Monday, August 25, 2008

Difference between for (<STDIN>) and while(<STDIN>) in Perl

Can you tell if there is a difference between "for (<STDIN>) { BLOCK}" and "while(<STDIN>) {BLOCK}" in Perl? They both might look like similar. When I used the first construct and gave a huge file as input, my Perl program crashed. When checked the top output after starting the program, I figured that the RSS size of the program kept growing and eventually crashed. Hmm ... when I switched to the second construct, not only the program ran successfully but also used less memory!

The difference is that for construct reads the entire file before it enters into the loop. But the while construct reads only a part of the file and buffers it. I wrote a program to count the number of lines in an input file in both the flavors. while loop version took only 1MB where as for loop version took 149 MB for an input file of 79 MB. On top of it, the while loop version took on an average 1.36 seconds, and the for loop version took around 2 seconds.

So if you are writing any program in Perl that reads files line by line, you must stick to the while() construct if you would like your program not to crash on large file inputs and to run faster.

Virtual IP and timeouts

Let us say you are writing a client application that connects to a server and maintains a persistent connection. Whenever there is some user intervention, for e.g. typing some input, the client application sends the user input to the server. And prints back the output produced by the server. (Sounds like telnet?)
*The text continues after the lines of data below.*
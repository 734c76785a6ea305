-- ===== src/Tests/Storage.antt =====
-- Runs of src/storage/buffer_pool_manager.cpp on files kept in memory.
use dbgenerality_rucbase.Base.{
  ℕ, Bool, false, ◌≡◌, ◌≢◌, ◌≤◌, ◌*◌, refl, true, ◌&&◌, [], ◌∷◌, Option, some, none, ℤ, pos, arith,
  if◌then◌else◌, eqb_ℤ, eqb_ℤ_iff,
}
use dbgenerality_rucbase.Storage.Replacer.{LruReplacer, new_replacer, unpin}
use dbgenerality_rucbase.Storage.Replacer.Laws.{LruInv, new_replacer-LruInv, unpin-LruInv}
use dbgenerality_rucbase.Storage.Pool.Promises.{
  new_pool-PoolInv, fetch_page-PoolInv, fetch_page-pinned, fetch_page-Serves, fetch_page-stale,
}
use dbgenerality_rucbase.Storage.Disk.{FileSystem, DiskManager, PageId, read_page}
use dbgenerality_rucbase.Storage.Pool.Frames.{Pool, new_pool, returned, disk_error}
use dbgenerality_rucbase.Storage.Pool.Ops.{fetch_page, flush_page}
use dbgenerality_rucbase.Storage.Pool.Flush.{Flushed, flush_page-read_page}
use dbgenerality_rucbase.Storage.Pool.Inv.{PoolInv}

abbrev Contents : Type 0
Contents = ℤ → ℤ → Option ℕ

abbrev write_contents : Contents → ℤ → ℤ → ℕ → Contents
write_contents fs fd offset d g o = if eqb_ℤ fd g && eqb_ℤ offset o then some d else fs g o

-- What a read gives: the buffer stays as it is where nothing was written.
abbrev is_some : Option ℕ → Bool
is_some none = false
is_some (some d) = true

abbrev value_or : ℕ → Option ℕ → ℕ
value_or buf none = buf
value_or buf (some d) = d

abbrev read_contents : Contents → ℤ → ℤ → ℕ → Bool × ℕ × Contents
read_contents fs fd offset buf = (is_some (fs fd offset), value_or buf (fs fd offset), fs)

read_self :
    (fs : Contents) (fd : ℤ) (n : ℕ) (d buf : ℕ)
    → (let after =
          read_contents (write_contents fs fd (pos (n * 4096)) d) fd (pos (n * 4096)) buf in
        (after.0 ≡ true) × (after.1 ≡ d))
read_self fs fd n d buf =
    let held : write_contents fs fd (pos (n * 4096)) d fd (pos (n * 4096)) ≡ some d =
      ground (arith, (eqb_ℤ_iff fd fd).1 refl) in
    rw (read_contents, held) (refl, refl)

write_ne :
    (fs : Contents) (fd fd' : ℤ) (n m : ℕ) (d : ℕ)
    → (fd ≡ fd' → n ≢ m)
    → write_contents fs fd (pos (n * 4096)) d fd' (pos (m * 4096)) ≡ fs fd' (pos (m * 4096))
write_ne fs fd fd' n m d h =
    ground (arith, (eqb_ℤ_iff fd fd').0, (eqb_ℤ_iff (pos (n * 4096)) (pos (m * 4096))).0, h)

read_ne :
    (fs : Contents) (fd fd' : ℤ) (n m : ℕ) (d buf : ℕ)
    → (fd ≡ fd' → n ≢ m)
    → (read_contents fs fd' (pos (m * 4096)) buf).0 ≡ true
    → (let after =
          read_contents (write_contents fs fd (pos (n * 4096)) d) fd' (pos (m * 4096)) buf in
        (after.0 ≡ true) × (after.1 ≡ (read_contents fs fd' (pos (m * 4096)) buf).1))
read_ne fs fd fd' n m d buf h e = rw (read_contents, write_ne fs fd fd' n m d h) (e, refl)

abbrev memory : FileSystem
memory = record {
  Files = Contents;
  Data = ℕ;
  zeroed = 0;
  write_at = λ fs fd offset d. (true, write_contents fs fd offset d);
  read_at = read_contents;
  read-write_self = λ fs fd n d buf e. read_self fs fd n d buf;
  read-write_ne = λ fs fd fd' n m d buf e h r. read_ne fs fd fd' n m d buf h r;
}

-- File 3 has one page.
abbrev disk : DiskManager memory
disk = record { files = write_contents (λ g o. none) (pos 3) (pos 0) 77; fd2pageno = λ g. 1 }

abbrev empty_pool : Pool memory
empty_pool = new_pool memory 2 (pos 0) disk

abbrev first_page : PageId
first_page = record { fd = pos 3; page_no = pos 0 }

abbrev second_page : PageId
second_page = record { fd = pos 3; page_no = pos 1 }

abbrev one_page : Pool memory
one_page = (fetch_page memory first_page empty_pool).1

fetch_page-PoolInv_example : PoolInv memory one_page
fetch_page-PoolInv_example =
    fetch_page-PoolInv memory first_page empty_pool (new_pool-PoolInv memory 2 (pos 0) disk) refl

abbrev one_page-PoolInv : PoolInv memory one_page
one_page-PoolInv =
    fetch_page-PoolInv memory first_page empty_pool (new_pool-PoolInv memory 2 (pos 0) disk) refl

fetch_page-pinned_example :
    ((fetch_page memory second_page one_page).1.page_table first_page ≡ some 0)
    × (((fetch_page memory second_page one_page).1.pages 0).page_data
        ≡ (one_page.pages 0).page_data)
    × ((one_page.pages 0).pin_count
        ≤ ((fetch_page memory second_page one_page).1.pages 0).pin_count)
unfolding fetch_page new_pool
fetch_page-pinned_example =
    fetch_page-pinned memory second_page first_page one_page 0 one_page-PoolInv refl refl
      (λ e. ground arith)

fetch_page-Serves_example :
    ((fetch_page memory first_page empty_pool).1.page_table first_page ≡ some 0)
    × (((fetch_page memory first_page empty_pool).1.pages 0).id ≡ first_page)
    × (((fetch_page memory first_page empty_pool).1.pages 0).pin_count ≢ 0)
unfolding fetch_page new_pool
fetch_page-Serves_example =
    fetch_page-Serves memory first_page empty_pool 0 (new_pool-PoolInv memory 2 (pos 0) disk) refl
      refl

fetch_page-stale_example :
    (let first = fetch_page memory second_page empty_pool in
      let next = fetch_page memory second_page first.1 in
      (first.0 ≡ disk_error)
      × (next.0 ≡ returned (some 0))
      × ((next.1.pages 0).page_data ≡ (read_page memory second_page 0 disk).1)
      × (next.1.disk ≡ first.1.disk))
unfolding new_pool read_page
fetch_page-stale_example =
    fetch_page-stale memory second_page empty_pool 0 (1 ∷ []) refl refl refl refl refl

-- Frames 4 and 7, 7 unpinned first.
abbrev two_frames : LruReplacer
two_frames = unpin 4 (unpin 7 (new_replacer 9))

abbrev two_frames-LruInv : LruInv two_frames
two_frames-LruInv =
    unpin-LruInv 4 (unpin 7 (new_replacer 9))
      (unpin-LruInv 7 (new_replacer 9) (new_replacer-LruInv 9))

flush_page-read_page_example :
    (true ≡ true) × Flushed memory first_page 0 one_page (flush_page memory first_page one_page).1
unfolding flush_page fetch_page new_pool
flush_page-read_page_example =
    flush_page-read_page memory first_page 0 true one_page (flush_page memory first_page one_page).1
      one_page-PoolInv refl refl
One thing your client program doesn't know about is that the server it is connecting to makes use of a virtual IP! Consider the case when your client program initiates a connection and the connection is in ESTABLISHED state. Right in the middle of the connection, the server drops the virtual IP address and for some strange reason it never gets reassigned to another host. In that case, neither the client program nor the server program will know the event of removal of the IP address. The server application would still be listening in the removed IP address and would still be holding the ESTABLISHED connections through removed IP address. Likewise, the client would still be holding an ESTABLISHED connection to the server.

If you observe the way Linux handles writes on sockets, when the client program writes into the socket, the written bytes will be copied to the kernel buffer and the write call will immediately return. The kernel will perform a best effort delievery attempt to deliver the bytes that you have written. Remember that the packets would never be delivered to the server in case of virtual IP removal. Worst part of this is the client doesn't know about this at all.
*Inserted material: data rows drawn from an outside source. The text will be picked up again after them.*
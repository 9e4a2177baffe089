-- ===== src/Morenos/Scheduler.antt =====
-- `class Scheduler` of Morenos/Scheduler_Model — копия/Scheduler.{h,cpp}: the queries, and one pass of
-- planning over them. A query is shared by pointer between the two lists of the source; each list is
-- filled anew in a pass before it is read, so values give the same contents. `none` is a program that
-- an exception or a failed assert of `build_scan_pair` ends.
pub mod Order
pub mod Passes
pub mod Outcome
pub mod Visits
pub mod Removal
pub mod Lifecycle
pub mod Sweep
pub mod Kept
pub mod Commands
pub mod Total
use radar_software.Prelude.{
  ℕ, ◌+◌, Bool, true, false, not, ◌||◌, ◌&&◌, Option, none, some, List, [], ◌∷◌, ◌++◌, map, ◌==◌,
  if◌then◌else◌, add32, sub64, filter,
}
use radar_software.Double.{Double}
use radar_software.Morenos.Settings.{reserve_time}
use radar_software.Morenos.Query.{
  QueryType, search_query, confirm, capture, tracking, signal_change, tech_control, drop, Query,
  new_query,
}
use radar_software.Morenos.ControlCommand.{ct_tech_command, ControlCommand, command, is_nop}
use radar_software.Morenos.ModelState.{ModelState}
use radar_software.Morenos.Timeline.{move_timeline}
use radar_software.Morenos.ScanPair.{ScanPair}
use radar_software.Morenos.Signals.{build_scan_pair}
use radar_software.Morenos.Placement.{Conveyors, new_conveyors, place_scan}

pub record Scheduler (D : Type 0) : Type 0 where
  pub conveyors : Conveyors
  pub queries : List (Query D)
  pub processed_queries : List (Query D)

abbrev pub new_scheduler : {D : Type 0} → Scheduler D
new_scheduler = record { conveyors = new_conveyors; queries = []; processed_queries = [] }

-- `move_timeline` of the three timelines.
abbrev pub move_conveyors : Conveyors → ℕ → Conveyors
move_conveyors c time = record {
  dcu_timeline = move_timeline c.dcu_timeline time;
  tr_au_timeline = move_timeline c.tr_au_timeline time;
  rs_au_timeline = move_timeline c.rs_au_timeline time;
}

-- `remove_query`, on the list.
unfoldable pub remove_query : {D : Type 0} → List (Query D) → ℕ → List (Query D)
remove_query queries id = filter (λ q. not (q.id == id)) queries

unfoldable pub remove_queries : {D : Type 0} → List (Query D) → List ℕ → List (Query D)
unfolding remove_query
remove_queries queries [] = queries
remove_queries queries (id ∷ ids) = remove_queries (remove_query queries id) ids

-- Whether one of the commands is not nop: the scan was placed.
unfoldable pub any_command : List ControlCommand → Bool
any_command [] = false
any_command (c ∷ commands) = not (is_nop c.type) || any_command commands

-- `get_statistics`
abbrev pub get_statistics : {D : Type 0} → Scheduler D → ModelState D → ModelState D
get_statistics s state = record state {
  active_queries = state.active_queries ++ s.queries;
  processed_queries = state.processed_queries ++ s.processed_queries;
}

module _ (double : Double) where
  open double use {D, mul, lt, le, decimal, from_u64}

  -- The dynamic priority at a time.
  abbrev pub priority : ℕ → Query D → D
  priority time q = mul (mul q.k (from_u64 (sub64 time q.t_prev))) (decimal 1 9)

  abbrev pub refresh : ℕ → Query D → Query D
  refresh time q = record q { p_value = priority time q }

  -- `std::sort` by falling priority: each query is put before the first one of a lower priority. The
  -- standard leaves the order of equal priorities open; here it is the old one.
  unfoldable pub insert : Query D → List (Query D) → List (Query D)
  insert q [] = q ∷ []
  insert q (other ∷ queries) =
      if lt other.p_value q.p_value then q ∷ other ∷ queries else other ∷ insert q queries

  unfoldable pub sort_from : List (Query D) → List (Query D) → List (Query D)
  unfolding insert
  sort_from sorted [] = sorted
  sort_from sorted (q ∷ queries) = sort_from (insert q sorted) queries

  -- The comparison of `sort` brings the priorities of both sides up to date; with two queries or more
  -- every one of them is compared.
  unfoldable pub order_queries : ℕ → List (Query D) → List (Query D)
  unfolding sort_from
  order_queries time (q ∷ []) = refresh time q ∷ []
  order_queries time queries = sort_from [] (map (refresh time) queries)

  -- What a pass has done so far.
  pub record Pass : Type 0 where
    pub conveyors : Conveyors
    pub ret : List ControlCommand
    pub removed_id : List ℕ
    pub new_queries : List (Query D)
    pub visited : List (Query D)
    pub processed : List (Query D)

  -- A scan pair of the query is placed; if it was placed, the query is executed, and `removed` and
  -- `follow_up` are added.
  unfoldable pub place_query : ℕ → Pass → Query D → ScanPair → List ℕ → List (Query D) → Pass
  unfolding any_command
  place_query time pass q scan_pair removed follow_up =
      let (commands, conveyors) = place_scan pass.conveyors scan_pair q.id in
      let q' = record q { t_prev = time } in
      if any_command commands
      then record {
        conveyors = conveyors;
        ret = pass.ret ++ commands;
        removed_id = pass.removed_id ++ removed;
        new_queries = pass.new_queries ++ follow_up;
        visited = pass.visited ++ (q' ∷ []);
        processed = pass.processed ++ (q' ∷ []);
      }
      else record pass {
        conveyors = conveyors;
        ret = pass.ret ++ commands;
        visited = pass.visited ++ (q ∷ []);
      }

  -- A case that emits.
  unfoldable pub scan_case : ℕ → Pass → Query D → List ℕ → List (Query D) → Option Pass
  unfolding place_query
  scan_case time pass q removed follow_up = elim (build_scan_pair double q.range q.rcs q.type) [
    | none ↦ none
    | some scan_pair ↦ some (place_query time pass q scan_pair removed follow_up)
  ]

  -- The query that a placed confirm or capture query turns into.
  abbrev pub capture_of : ℕ → Query D → Query D
  capture_of time q =
      new_query (decimal 0 0) capture (add32 q.id 1) (decimal 100 0) (decimal 0 0) time q.range
        q.rcs true

  abbrev pub tracking_of : ℕ → Query D → Query D
  tracking_of time q =
      new_query (decimal 0 0) tracking (add32 q.id 1) (decimal 10 0) (decimal 1 0) time q.range
        q.rcs true

  abbrev pub skip : Pass → Query D → Pass
  skip pass q = record pass { visited = pass.visited ++ (q ∷ []) }

  -- The `switch` on the type of a query that is due.
  unfoldable pub execute : ℕ → Pass → Query D → QueryType → Option Pass
  unfolding scan_case
  execute time pass q search_query = scan_case time pass q [] []
  execute time pass q confirm = scan_case time pass q (q.id ∷ []) (capture_of time q ∷ [])
  execute time pass q capture = scan_case time pass q (q.id ∷ []) (tracking_of time q ∷ [])
  execute time pass q tracking = scan_case time pass q [] []
  execute time pass q drop = some (record pass {
    removed_id = pass.removed_id ++ (q.id ∷ []);
    visited = pass.visited ++ (q ∷ []);
  })
  execute time pass q tech_control = some (record pass {
    ret = pass.ret ++ (command ct_tech_command (sub64 time reserve_time) time 0 q.id ∷ []);
    visited = pass.visited ++ (record q { t_prev = time } ∷ []);
  })
  execute time pass q signal_change = some (skip pass q)

  -- One round of the loop over the queries.
  unfoldable pub visit : ℕ → Pass → Query D → Option Pass
  unfolding execute
  visit time pass q =
      if q.active && le q.p_threshold q.p_value
      then execute time pass q q.type
      else some (skip pass q)

  unfoldable pub visit_all : ℕ → Pass → List (Query D) → Option Pass
  unfolding visit
  visit_all time pass [] = some pass
  visit_all time pass (q ∷ queries) = elim (visit time pass q) [
    | none ↦ none
    | some pass' ↦ visit_all time pass' queries
  ]

  abbrev pub start_pass : Conveyors → Pass
  start_pass conveyors = record {
    conveyors = conveyors;
    ret = [];
    removed_id = [];
    new_queries = [];
    visited = [];
    processed = [];
  }

  abbrev pub finish_pass : Pass → List ControlCommand × Scheduler D
  finish_pass pass = (
    pass.ret,
    record {
      conveyors = pass.conveyors;
      queries = remove_queries pass.visited pass.removed_id ++ pass.new_queries;
      processed_queries = pass.processed;
    },
  )

  unfoldable pub run : Scheduler D → ℕ → Option (List ControlCommand × Scheduler D)
  unfolding visit_all order_queries
  run s time =
      elim (visit_all time (start_pass (move_conveyors s.conveyors time))
        (order_queries time s.queries)) [ none ↦ none | some pass ↦ some (finish_pass pass) ]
If you look at the server part, some of the servers have an inactivity timeout after which the server will close the connection. For e.g. Apache. So the server wouldn't keep these open sockets forever.

Hmm ... Unless the client opens another connection to the server, which would timeout, there is no way the client would know that its unable to reach the server.

So the moral of the story is, if you suspect that the server might be using a virtual IP and it might be dropped and never be reassigned to another server, build both the client and the server programs with proper timeouts for read/write/inactivity. Yes, keeping a time out for inactivity is very important.